Auslöser für die Diskussion war ein Schreiben an die Verwaltung. Darin hatten sich Eigentümer von Reetdachhäusern ein generelles Feuerwerksverbot in Sierksdorf gewünscht. „Angesichts der Brandgefahr ist Silvester für uns seit 30 Jahren der schlimmste Tag des Jahres“, betonte ein Betroffener während der Versammlung.
Höhenfeuerwerk sei im Umkreis von 200 Metern von reetgedeckten Häusern untersagt, das werde jedes Jahr vor Silvester öffentlich bekannt gegeben, erläuterte Bürgermeister Bernhard Markmann, räumte aber ein, dass sich kaum jemand daran halten würde. „Darum wollen wir zur Diskussion stellen, wie wir in den Gremien der Gemeindevertretung damit umgehen sollen.“
Im Haus des Gastes entflammte daraufhin ein Meinungsaustausch zwischen Befürwortern und Gegnern eines solchen Verbotes. Die eine Seite führte wirtschaftliche Aspekte an. Die Region lebe vom Tourismus, vor allem sei das Silvesterfeuerwerk am Strand ein wichtiges Event. Feuerwerk zum Jahreswechsel sei aber auch einfach Tradition.
 
„Der Spaß und die persönliche Freiheit müssen dort aufhören, wo man Menschen gefährdet“, hieß es auf der anderen Seite. Tierschutz, Verletzungsgefahr, Feinstäube und Müll wurden ebenfalls als Argumente für ein Verbot angeführt. Zudem gebe es neben der Insel Amrum bereits viele touristisch geprägte Orte, die zu Silvester auch ohne – oder gerade wegen – eines Feuerwerksverbotes ausgebucht seien, so die Befürworter.

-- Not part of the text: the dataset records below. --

-- ===== src/Tests/Network.antt =====
-- A connection that moves a byte at a time, a process with sockets, and a clock, for the TCP
-- transport, the remote model and the demo's server.
mod Remote
mod Meeting
mod Agent
use Prim.Native.String.{String}
use mathlib.Core.Path.{subst}
use galculus.Common.{
  ℕ, zero, suc, ◌+◌, ◌-◌, ◌%◌, ◌*◌, ◌^◌, ◌≤◌, ◌<◌, ◌≡◌, ◌≢◌, refl, sym, ap, ◌∙◌, arith, Bool, true,
  false, Option, none, some, List, [], ◌∷◌, ◌++◌, append-nil, length, take, drop, codes, ltb,
  if◌then◌else◌, All, ◌&&◌,
}
use galculus.Common.Exceptions.{ok}
use galculus.Core.Wire.{Bytes, IsBytes}
use galculus.Core.Tcp
use galculus.Core.Tcp.{Winsock, TcpByteTransport, receive_bytes, resize}
use galculus.Core.Tcp.Streams.{IsStream}
use galculus.Core.Tcp.Frames.{IsOpen, receive_bytes-encode, receive_bytes_cut}
use galculus.Core.Tcp.Wrap.{receive_bytes_wraps}
use galculus.Core.Tcp.Handles.{IsTable, without, held}
use galculus.Core.Tcp.Messages.{IsCarried}
use galculus.Core.Tcp.Order.{frames, sent_all, got_all, got_all-sent_all}
use galculus.Core.Message.{Message}
use galculus.Core.Protocol.Truncated.{length-encode as length-encode_packet}
use galculus.Core.Frame
use galculus.Core.Frame.Sound.{length-encode}
use galculus.Core.Frame.RoundTrip.{header}
use galculus.Llm.{user, GenerationConfig, Prompt, Clock}

-- What went out, and what comes in.
abbrev one_out : Bytes × Bytes → Bytes → (Bytes × Bytes) × Option ℕ
one_out s [] = (s, some 0)
one_out s (b ∷ more) = ((s.0 ++ b ∷ [], s.1), some 1)

abbrev one_in : ℕ → Bytes × Bytes → (Bytes × Bytes) × Option Bytes
one_in zero s = (s, some [])
one_in (suc k) (out, []) = ((out, []), some [])
one_in (suc k) (out, b ∷ more) = ((out, more), some (b ∷ []))

abbrev readable : Bytes → Bool
readable [] = false
readable (b ∷ more) = true

abbrev slow : Winsock
slow = record {
  State = Bytes × Bytes;
  Address = Bytes;
  socket = λ s. (s, some 5);
  inet_pton = some;
  connect = λ s h address port. (s, true);
  bind = λ s h port. (s, true);
  listen = λ s h backlog. (s, true);
  accept = λ s h. (s, some 6);
  closesocket = λ s h. s;
  send = λ s h bytes. one_out s bytes;
  recv = λ s h k. one_in k s;
  select = λ s h. readable s.1;
}

slow_sending :
    (s : Bytes × Bytes) (out inp bytes : Bytes)
    → s ≡ (out, inp)
    → 0 < length bytes
    → (n : ℕ) × (((one_out s bytes).1 ≡ some (suc n))
        × ((one_out s bytes).0 ≡ (out ++ take (suc n) bytes, inp)))
slow_sending s out inp [] e h = elim h [ ]
slow_sending s out inp (b ∷ more) e h =
    (0, (refl, ap (λ (x : Bytes × Bytes). (x.0 ++ b ∷ [], x.1)) e))

slow_receiving :
    (s : Bytes × Bytes) (out inp : Bytes) (k : ℕ)
    → s ≡ (out, inp)
    → 0 < length inp
    → 0 < k
    → (m : ℕ) × ((suc m ≤ k)
        × (((one_in k s).1 ≡ some (take (suc m) inp)) × ((one_in k s).0 ≡ (out, drop (suc m) inp))))
slow_receiving s out [] k e h pos = elim h [ ]
slow_receiving s out (b ∷ more) zero e h pos = elim pos [ ]
slow_receiving s out (b ∷ more) (suc k) e h pos = rw e (0, (omega arith, (refl, refl)))

slow_hanging_up :
    (s : Bytes × Bytes) (out : Bytes) (k : ℕ)
    → s ≡ (out, [])
    → 0 < k
    → ((one_in k s).1 ≡ some []) × ((one_in k s).0 ≡ (out, []))
slow_hanging_up s out zero e h = elim h [ ]
slow_hanging_up s out (suc k) e h = rw e (refl, refl)

slow_selecting :
    (s : Bytes × Bytes) (out inp : Bytes) → s ≡ (out, inp) → 0 < length inp → readable s.1 ≡ true
slow_selecting s out [] e h = elim h [ ]
slow_selecting s out (b ∷ more) e h = rw e refl

abbrev slow-IsStream : IsStream slow
slow-IsStream = record {
  Holds = λ s h out inp. s ≡ (out, inp);
  sending = λ s h out inp bytes v more. slow_sending s out inp bytes v more;
  receiving = λ s h out inp k v more pos. slow_receiving s out inp k v more pos;
  hanging_up = λ s h out k v pos. slow_hanging_up s out k v pos;
  selecting = λ s h out inp v more. slow_selecting s out inp v more;
}

abbrev three : Bytes
three = 1 ∷ 2 ∷ 3 ∷ []

abbrev slow_with : Bytes → TcpByteTransport slow
slow_with inp = record { sockets = ([], inp); socket_handle = 5 }

abbrev note : ℕ → Message
note id = record {
  id = id;
  type = 0;
  source = [];
  target = codes "b";
  event = record { name = []; payload = three };
}

note-IsCarried : (id : ℕ) → id < 9 → IsCarried (note id)
note-IsCarried id h = record {
  valid = record {
    id_fits = omega arith;
    type_fits = omega arith;
    source_fits = (tt, omega arith);
    target_fits = ((omega arith, tt), omega arith);
    name_fits = (tt, omega arith);
    payload_fits = ((omega arith, (omega arith, (omega arith, tt))), omega arith);
  };
  fits = omega (arith, length-encode_packet (note id));
}

abbrev notes : List Message
notes = note 3 ∷ note 4 ∷ []

got_all-sent_all_example :
    ((sent_all slow (slow_with []) notes).1 ≡ true)
    × (IsOpen slow slow-IsStream (sent_all slow (slow_with []) notes).0 (frames notes) []
        × (got_all slow (slow_with (frames notes ++ 9 ∷ [])) 2
            ≡ some (note 3) ∷ some (note 4) ∷ []))
got_all-sent_all_example =
    got_all-sent_all slow slow slow-IsStream slow-IsStream (slow_with [])
      (slow_with (frames notes ++ 9 ∷ [])) notes [] [] (9 ∷ [])
      (note-IsCarried 3 (omega arith), (note-IsCarried 4 (omega arith), tt)) ((λ e. cc), refl)
      ((λ e. cc), refl)

receive_bytes_cut_example : (receive_bytes slow (slow_with (take 14 (Frame.encode three)))).1 ≡ none
receive_bytes_cut_example =
    receive_bytes_cut slow slow-IsStream (slow_with (take 14 (Frame.encode three))) three [] 14
      ((λ e. cc), refl) (omega arith) (omega (arith, length-encode three (omega arith)))

abbrev widest : ℕ
widest = 2 ^ 32 - 4

receive_bytes_wraps_example :
    ((receive_bytes slow (slow_with (header widest ++ three))).1
      ≡ some (resize ((8 + (widest + 4) % 2 ^ 32) % 2 ^ 32) (header widest)))
    × IsOpen slow slow-IsStream (receive_bytes slow (slow_with (header widest ++ three))).0 [] three
receive_bytes_wraps_example =
    receive_bytes_wraps slow (slow_with (header widest ++ three)) slow-IsStream widest three []
      ((λ e. cc), refl) (omega arith) (omega arith)

-- A process whose sockets are numbered upwards; its peer closes every connection at once.
abbrev total : List ℕ → ℕ
total [] = 0
total (h ∷ rest) = h + total rest

abbrev give_socket : List ℕ → List ℕ × Option ℕ
give_socket s = (suc (total s) ∷ s, some (suc (total s)))

abbrev process : Winsock
process = record {
  State = List ℕ;
  Address = Bytes;
  socket = give_socket;
  inet_pton = some;
  connect = λ s h address port. (s, true);
  bind = λ s h port. (s, true);
  listen = λ s h backlog. (s, true);
  accept = λ s h. give_socket s;
  closesocket = λ s h. without h s;
  send = λ s h bytes. (s, some (length bytes));
  recv = λ s h k. (s, some []);
  select = λ s h. true;
}

total_bounds : (n : ℕ) (s : List ℕ) → total s ≤ n → All (λ x. suc n ≢ x) s
total_bounds n [] h = tt
total_bounds n (x ∷ rest) h = ((λ e. omega (arith, e)), total_bounds n rest (omega arith))

never : (a : ℕ) → ◌≡◌ {A = Option ℕ} (some a) none → ⊥
never a e = cc

same : (a b : ℕ) → ◌≡◌ {A = Option ℕ} (some a) (some b) → a ≡ b
same a b e = cc

given : (a b : ℕ) (s : List ℕ) → ◌≡◌ {A = Option ℕ} (some a) (some b) → a ∷ s ≡ b ∷ s
given a b s e = ap (λ (x : ℕ). x ∷ s) (same a b e)

above :
    (a b : ℕ) (s : List ℕ)
    → ◌≡◌ {A = Option ℕ} (some a) (some b)
    → All (λ x. a ≢ x) s
    → All (λ x. b ≢ x) s
above a b s e h = subst (λ (x : ℕ). All (λ y. x ≢ y) s) (same a b e) h

abbrev process-IsTable : IsTable process
process-IsTable = record {
  in_use = λ s. s;
  socket_none = λ s e. absurd (never (suc (total s)) e);
  socket_some = λ s h e. given (suc (total s)) h s e;
  accept_none = λ s l e. absurd (never (suc (total s)) e);
  accept_some = λ s l h e. (
    given (suc (total s)) h s e,
    above (suc (total s)) h s e (total_bounds (total s) s (omega arith)),
  );
  connect_same = λ s h a p. refl;
  bind_same = λ s h p. refl;
  listen_same = λ s h k. refl;
  send_same = λ s h bytes. refl;
  recv_same = λ s h k. refl;
  closesocket_without = λ s h. refl;
}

„Mit diesem Thema wurde offensichtlich etwas losgetreten. Darum werden wir es in einer der nächsten Sitzungen auf die Tagesordnung setzen“, kündigte Markmann an. Das Abbrennen von Feuerwerkskörper auf eingeschränkten Flächen und eine markantere Kennzeichnung der Zonen, in denen es bereits verboten ist, wurden ebenfalls als mögliche Regelungen angeführt, die noch besprochen werden sollen. Ein Stimmungsbild der 40 anwesenden Bürger ergab (bei 10 Enthaltungen) eine Mehrheit von 18 Gegnern gegenüber 12 Befürwortern eines generellen Verbotes.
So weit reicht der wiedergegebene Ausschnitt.